What I tried to did there is against the idea of MVVM. I tried downcasting an object that is meant to be general.

A better aproach for the task I tried to achieve is implementing dependency properties in the busy animation component. Those are meant to be bound to from the viewmodel of the mainly displayed view. that way the busy animation can be shown when some property in the viewmodel changes. That could be for example a bool with the name "working".

this is the dependency property code in my busy animation:

public static readonly DependencyProperty ShowBusyProperty = DependencyProperty.Register("ShowBusy", typeof(Boolean), typeof(FortschrittView), new PropertyMetadata(false, OnShowBusyPropertyChanged));
public Boolean ShowBusy
{
    get { return (Boolean)this.GetValue(ShowBusyProperty); }
    set { this.SetValue(ShowBusyProperty, value); }
}

private static void OnShowBusyPropertyChanged(DependencyObject dependencyObject, DependencyPropertyChangedEventArgs e)
{
    FortschrittView myUserControl = dependencyObject as FortschrittView;
    myUserControl.OnPropertyChanged("ShowBusy");
    myUserControl.OnShowBusyPropertyChanged(e);
}
private void OnShowBusyPropertyChanged(DependencyPropertyChangedEventArgs e)
{
    if(ShowBusy)
    {
        Start();
    }
    else
    {
        Stop();
    }
}

Yes its a lot of code, but I feel wpf wants it that way. Remember above code is in the busy-animation user control and triggers Start() Stop() functions which control storyboards.

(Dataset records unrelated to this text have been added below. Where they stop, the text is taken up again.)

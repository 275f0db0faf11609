-- ===== src/Style/Run.antt =====
-- A name that opens the whole of `CheckStyle` at once, for tests.
use cs.Re.{all_patterns}
use cs.Re.Short.{all_short}
use cs.LineChecks.Comment.{
  todo, outside_strings, is_code, after_brace, is_too_close, check_todo, words_of_comment, doxygen,
  check_text_of_comment, check_comment,
}
use cs.Spacing.{
  is_blank_line, opens_block, six_spaces, search_position, last_of_header, is_exception,
  closes_block, access_label, check_blank_line, space_before_bracket, tight_for_colon,
  check_spacing, tight_comma, check_comma_spacing,
}
use cs.Spacing.Calls.{
  tight_statement, statement, open_for, is_mismatch, report_inside, check_parenthesis_spacing,
  controls, call_text, control_word, function_pointer, array_pointer, space_in_call,
  space_after_open, asm_volatile, definition, member_pointer, space_before_call, report_open,
  report_close, check_spacing_for_function_call,
}
use cs.Spacing.Operators.{
  operator_method, underscores, hide_operator, hide_operators, tight_equals, compound_equals,
  missing_around_equals, tight_comparison, tight_less, tight_greater, check_less, check_greater,
  check_comparisons, tight_shift, all_digits, check_shift, shift_before_word, spaced_unary,
  check_unary, check_hidden, check_operator_spacing,
}
use cs.Spacing.Braces.{
  last_word, types, first_line, any_line, declared_in, token_of, is_type, tight_brace, joined,
  trailing_text, trails, check_opening_brace, check_last_semicolon, check_braces_spacing,
  is_decltype, class_head_end, needs_blank_line, check_section_spacing, get_previous_non_blank_line,
}
use cs.Statements.Braces.{
  misplaced_brace, else_after_brace, condition_start, check_else_if, brace_on_one_side,
  check_else_braces, else_with_clause, next_semicolon, last_semicolon, lambda, check_dedent,
  check_statement, has_block, check_body, if_or_else, check_single_statement, check_braces,
}
use cs.Statements.Semicolons.{
  after_parenthesis, macro_name, is_lambda, needs_semicolon, bracket_above, parenthesis_case,
  after_else_or_const, leading_brace, other_cases, find_brace, report_semicolon,
  check_trailing_semicolon,
}
use cs.Statements.Bodies.{
  loop_or_if, find_opening, join_lines, body_text, else_follows, check_if_closed, check_if_body,
  check_condition_end, check_empty_block_body,
}
use cs.Statements.CheckMacros.{
  check_replacement, find_check_macro, token_first, operand_first, character_first, parenthesized,
  token_round, operand_round, round, operands, match_constant, is_replaceable, expression_of,
  check_macro_at, check_check,
}
use cs.Statements.Tokens.{
  alt_token, find_all, report_tokens, check_alt_tokens, total_width, get_line_width,
}
use cs.Style.{
  initial_spaces, scope_or_label_pattern, weird_indent, ends_in_space, may_be_long, is_header_guard,
  several_commands, in_turn, is_too_long, check_layout, check_style,
}
use cs.Brackets.{
  operator_before, after_operator, drop_angles, less_than, close_bracket, greater_than, end_step,
  scan_end, find_end_of_expression_in_line, close_below, shift_or_compare, close_from, close_at,
  close_expression,
}
use cs.Brackets.Reverse.{
  spaced_compare, start_greater, start_less, open_bracket, start_step, scan_start,
  find_start_of_expression_in_line, close_above, reverse_from, reverse_at, reverse_close_expression,
}
use cs.Comments.{
  begins_comment, ends_comment, next_index, find_next_multi_line_comment_start,
  find_next_multi_line_comment_end, remove_multi_line_comments_from_range, remove_loop,
  remove_multi_line_comments, is_cpp_string, c_comment, cleanse_line_c_comments, before_comment,
  cleanse_comments,
}
use cs.Paths.{after_last}
use cs.FileChecks.{indent, get_indent_level}
use cs.Nesting.{in_namespace_body, in_extern_c, innermost_class}

unfoldable pub all_style : Unit {0}
unfolding all_patterns all_short todo outside_strings is_code after_brace is_too_close check_todo
    words_of_comment doxygen check_text_of_comment check_comment is_blank_line opens_block
    six_spaces search_position last_of_header is_exception closes_block access_label
    check_blank_line space_before_bracket tight_for_colon check_spacing tight_comma
    check_comma_spacing tight_statement statement open_for is_mismatch report_inside
    check_parenthesis_spacing controls call_text control_word function_pointer array_pointer
    space_in_call space_after_open asm_volatile definition member_pointer space_before_call
    report_open report_close check_spacing_for_function_call operator_method underscores
    hide_operator hide_operators tight_equals compound_equals missing_around_equals tight_comparison
    tight_less tight_greater check_less check_greater check_comparisons tight_shift all_digits
    check_shift shift_before_word spaced_unary check_unary check_hidden check_operator_spacing
    last_word types first_line any_line declared_in token_of is_type tight_brace joined
    trailing_text trails check_opening_brace check_last_semicolon check_braces_spacing is_decltype
    class_head_end needs_blank_line check_section_spacing get_previous_non_blank_line
    misplaced_brace else_after_brace condition_start check_else_if brace_on_one_side
    check_else_braces else_with_clause next_semicolon last_semicolon lambda check_dedent
    check_statement has_block check_body if_or_else check_single_statement check_braces
    after_parenthesis macro_name is_lambda needs_semicolon bracket_above parenthesis_case
    after_else_or_const leading_brace other_cases find_brace report_semicolon
    check_trailing_semicolon loop_or_if find_opening join_lines body_text else_follows
    check_if_closed check_if_body check_condition_end check_empty_block_body check_replacement
    find_check_macro token_first operand_first character_first parenthesized token_round
    operand_round round operands match_constant is_replaceable expression_of check_macro_at
    check_check alt_token find_all report_tokens check_alt_tokens total_width get_line_width
    initial_spaces scope_or_label_pattern weird_indent ends_in_space may_be_long is_header_guard
    several_commands in_turn is_too_long check_layout check_style operator_before after_operator
    drop_angles less_than close_bracket greater_than end_step scan_end
    find_end_of_expression_in_line close_below shift_or_compare close_from close_at close_expression
    spaced_compare start_greater start_less open_bracket start_step scan_start
    find_start_of_expression_in_line close_above reverse_from reverse_at reverse_close_expression
    begins_comment ends_comment next_index find_next_multi_line_comment_start
    find_next_multi_line_comment_end remove_multi_line_comments_from_range remove_loop
    remove_multi_line_comments is_cpp_string c_comment cleanse_line_c_comments before_comment
    cleanse_comments after_last indent get_indent_level in_namespace_body in_extern_c
    innermost_class
all_style = tt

Below xaml is in the control that uses the busyanimation, binding it to a viewmodel that the busy-animation should indicate background-work for:

 <local:BusyAnimation ShowBusy="{Binding Model.IsBusy}"/>

That ShowBusy Property there is the Dependency Property implemented above. Of course IsBusy from the model should follow the observable pattern for everything to work.

/ps: I throughoutly documented the mistakes i did and how i solved them. Can I get rid of the negative points I got somehow for creating this question?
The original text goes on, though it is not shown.